• _YOUR GOAL_:
In which lines of the data does the string "contained" appear? Copy every one.

• _INPUT_:
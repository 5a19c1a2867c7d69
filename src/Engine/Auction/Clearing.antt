-- ===== src/Engine/Auction/Clearing.antt =====
-- `determine_clearing_outcome`: the volume is the largest that any price allows, and the price is the
-- midpoint of the extreme candidates that reach it.
use fair_cross.Prelude.{
  ℕ, ◌+◌, ◌/◌, ◌≤◌, ◌<◌, ◌≡◌, inl, inr, refl, sym, subst, ◌∙◌, true, ◌==◌, List, [], ◌∷◌, map,
  Option, none, some, keep, contains, last_or, All, All-map, arith, Bool-cases,
}
use fair_cross.Domain.Error.{ok}
use fair_cross.Domain.Words.{Price, u64_mod, add64, sub64}
use fair_cross.Domain.Order.{Order}
use fair_cross.Domain.Price.{create}
use fair_cross.Domain.Qty.{is_zero}
use fair_cross.Engine.Batch.{Batch}
use fair_cross.Engine.Auction.{
  ClearingOutcome, candidate_prices_from_orders, max_from, maximizers_of, midpoint,
  resolve_clearing_price_tie, determine_clearing_outcome,
}
use fair_cross.Engine.Auction.Totals.{HasSide, Fits, demand_antitone, supply_monotone}
use fair_cross.Engine.Auction.Candidates.{
  IsAscending, All_at, candidates-IsAscending, candidates_cover, contains-candidates,
}
use fair_cross.Engine.Auction.Reference.{volume, evaluation, compute_exact}
use fair_cross.Engine.Auction.Optimal.{
  volume_bound, max_from_bound, max_from_attained, maximizing, All-keep, keep-IsAscending,
  keep_passes, keep_nonempty, All-last,
}

-- The midpoint of two 64-bit prices is the floor of their mean, also where their sum overflows.
pub midpoint_exact : (p q : Price) → p ≤ q → q < u64_mod → midpoint p q ≡ (p + q) / 2
unfolding midpoint add64 sub64
midpoint_exact p q h k = omega arith

-- A positive price that fits 64 bits.
abbrev pub IsPrice : Price → Type 0
IsPrice p = (0 < p) × (p < u64_mod)

All-contained :
    (P : Price → Type 0) (cs : List Price) → ((k : Price) → contains k cs ≡ true → P k) → All P cs
All-contained P [] h = tt
All-contained P (c ∷ cs) h = (h c (ground arith), All-contained P cs (λ k q. h k (ground arith)))

prices_of :
    (P : Price → Type 0) (os : List Order) → All (λ o. P o.price) os → All P (map (λ o. o.price) os)
prices_of P [] h = tt
prices_of P (o ∷ os) h = (h.0, prices_of P os h.1)

pub candidates-IsPrice :
    (os : List Order)
    → All (λ o. IsPrice o.price) os
    → All IsPrice (candidate_prices_from_orders os)
candidates-IsPrice os h = All-contained IsPrice _ λ k q.
    All_at IsPrice k (map (λ o. o.price) os) (prices_of IsPrice os h)
      (sym (contains-candidates k os) ∙ q)

-- What it means for a price and a volume to clear the orders.
abbrev pub Clears : List Order → Option Price → ℕ → Type 0
Clears os none v = (v ≡ 0) × ((p : Price) → volume os p ≡ 0)
Clears os (some cp) v = (0 < v) × IsPrice cp × (volume os cp ≡ v) × ((p : Price) → volume os p ≤ v)

module _ (os : List Order) (ps : All (λ o. IsPrice o.price) os) where
  abbrev cands : List Price
  cands = candidate_prices_from_orders os

  abbrev best : ℕ
  best = max_from 0 (map (evaluation os) cands)

  -- The candidates that reach the largest volume.
  abbrev pub winners : List Price
  winners = keep (λ c. volume os c == best) cands

  best_bound : (p : Price) → volume os p ≤ best
  best_bound p =
      volume_bound os p best cands (candidates-IsAscending os) (max_from_bound os 0 cands) (
        All-map {P = λ o. contains o.price cands ≡ true} (λ o q. ground arith) os
          (candidates_cover os))

  -- Between two prices that reach the best volume every price reaches it.
  best_between :
      (p q r : Price) → p ≤ q → q ≤ r → volume os p ≡ best → volume os r ≡ best → volume os q ≡ best
  best_between p q r h k e f =
      ground (arith, best_bound q, supply_monotone os p q h, demand_antitone os q r k)

  winners_clear :
      (w : Price) (ws : List Price)
      → winners ≡ w ∷ ws
      → 0 < best
      → (w ≤ last_or ws w)
        × IsPrice w
        × IsPrice (last_or ws w)
        × (volume os w ≡ best)
        × (volume os (last_or ws w) ≡ best)
  winners_clear w ws e pos =
      let asc =
        subst IsAscending e
          (keep-IsAscending (λ c. volume os c == best) cands (candidates-IsAscending os)) in
      let prices =
        subst (All IsPrice) e
          (All-keep IsPrice (λ c. volume os c == best) cands (candidates-IsPrice os ps)) in
      let reach = subst (All (λ c. volume os c ≡ best)) e (keep_passes os best cands) in
      (
        All-last (λ q. w ≤ q) w ws (omega arith)
            (All-map {P = λ q. w < q} (λ q h. omega arith) ws asc.0),
        prices.0,
        All-last IsPrice w ws prices.0 prices.1,
        reach.0,
        All-last (λ c. volume os c ≡ best) w ws reach.0 reach.1,
      )

  resolve_none :
      best ≡ 0 → resolve_clearing_price_tie (maximizers_of (map (evaluation os) cands)) ≡ none
  unfolding resolve_clearing_price_tie maximizers_of is_zero
  resolve_none e = go _ refl
    where
      go :
          (l : List Price)
          → (maximizers_of (map (evaluation os) cands)).maximizing_prices ≡ l
          → resolve_clearing_price_tie (maximizers_of (map (evaluation os) cands)) ≡ none
      go [] q = rw (q, resolve_clearing_price_tie)
      go (w ∷ ws) q = rw (q, resolve_clearing_price_tie, e)

  -- With a positive volume the price is the midpoint of the first and the last winner.
  resolve_midpoint :
      (w : Price) (ws : List Price)
      → winners ≡ w ∷ ws
      → 0 < best
      → resolve_clearing_price_tie (maximizers_of (map (evaluation os) cands))
        ≡ some ((w + last_or ws w) / 2)
  unfolding resolve_clearing_price_tie maximizers_of is_zero create
  resolve_midpoint w ws e pos =
      ground
        (arith, maximizing os best cands, winners_clear w ws e pos, midpoint_exact w (last_or ws w))

  resolve-Clears :
      Clears os (resolve_clearing_price_tie (maximizers_of (map (evaluation os) cands))) best
  resolve-Clears = elim (Bool-cases (best == 0)) [
    | inl e ↦
        let z : best ≡ 0 = ground arith in
        rw (resolve_none z) (z, λ p. omega (arith, best_bound p, z))
    | inr e ↦ go winners refl (ground arith)
  ]
    where
      go :
          (l : List Price)
          → winners ≡ l
          → 0 < best
          → Clears os (resolve_clearing_price_tie (maximizers_of (map (evaluation os) cands))) best
      go [] q pos =
          absurd (grind (arith, max_from_attained os 0 cands, keep_nonempty os best cands, q))
      go (w ∷ ws) q pos =
          let f = winners_clear w ws q pos in
          rw (resolve_midpoint w ws q pos) (
            pos,
            (omega (arith, f), omega (arith, f)),
            best_between w ((w + last_or ws w) / 2) (last_or ws w) (omega (arith, f))
                (omega (arith, f)) f.3 f.4,
            best_bound,
          )

-- Orders that the auction handles without overflow: proper sides, positive 64-bit prices, and
-- quantities that fit 64 bits together on each side.
pub record IsClearable (os : List Order) : Type 0 where
  pub sides : All HasSide os
  pub fits : Fits os
  pub prices : All (λ o. IsPrice o.price) os

-- On clearable orders the auction succeeds. It gives no price exactly when nothing can trade at any
-- price; otherwise its price is positive, the volume of the outcome is the smaller of demand and
-- supply at that price, and no price whatever allows a larger volume.
pub determine_optimal :
    (b : Batch)
    → IsClearable b.orders
    → (out : ClearingOutcome) × (determine_clearing_outcome b ≡ ok out)
      × Clears b.orders out.clearing_price out.executable_volume
unfolding determine_clearing_outcome maximizers_of
determine_optimal b c = (
  record {
    clearing_price =
        resolve_clearing_price_tie
          (maximizers_of (map (evaluation b.orders) (candidate_prices_from_orders b.orders)));
    executable_volume =
        max_from 0 (map (evaluation b.orders) (candidate_prices_from_orders b.orders));
  },
  rw (compute_exact b.orders c.sides c.fits),
  resolve-Clears b.orders c.prices,
)

-- The tie rule: if the best volume `v` is positive, the clearing price is the floor of the mean of
-- the first and the last candidate price at which demand and supply allow `v`.
pub determine_tie_rule :
    (b : Batch) (w : Price) (ws : List Price)
    → IsClearable b.orders
    → (out : ClearingOutcome) → determine_clearing_outcome b ≡ ok out
    → 0 < out.executable_volume
    → keep (λ c. volume b.orders c == out.executable_volume) (candidate_prices_from_orders b.orders)
      ≡ w ∷ ws
    → out.clearing_price ≡ some ((w + last_or ws w) / 2)
unfolding determine_clearing_outcome
determine_tie_rule b w ws c out e pos q =
    ground (
      arith,
      compute_exact b.orders c.sides c.fits,
      best_is,
      resolve_midpoint b.orders c.prices w ws,
    )
  where
    best_is :
        (maximizers_of
          (map (evaluation b.orders) (candidate_prices_from_orders b.orders))).max_volume
        ≡ max_from 0 (map (evaluation b.orders) (candidate_prices_from_orders b.orders))
    best_is = unfold maximizers_of in refl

• _WRITTEN SOLUTION_:
All-contained :
All-contained P [] h = tt
All-contained P (c ∷ cs) h = (h c (ground arith), All-contained P cs (λ k q. h k (ground arith)))
candidates-IsPrice os h = All-contained IsPrice _ λ k q.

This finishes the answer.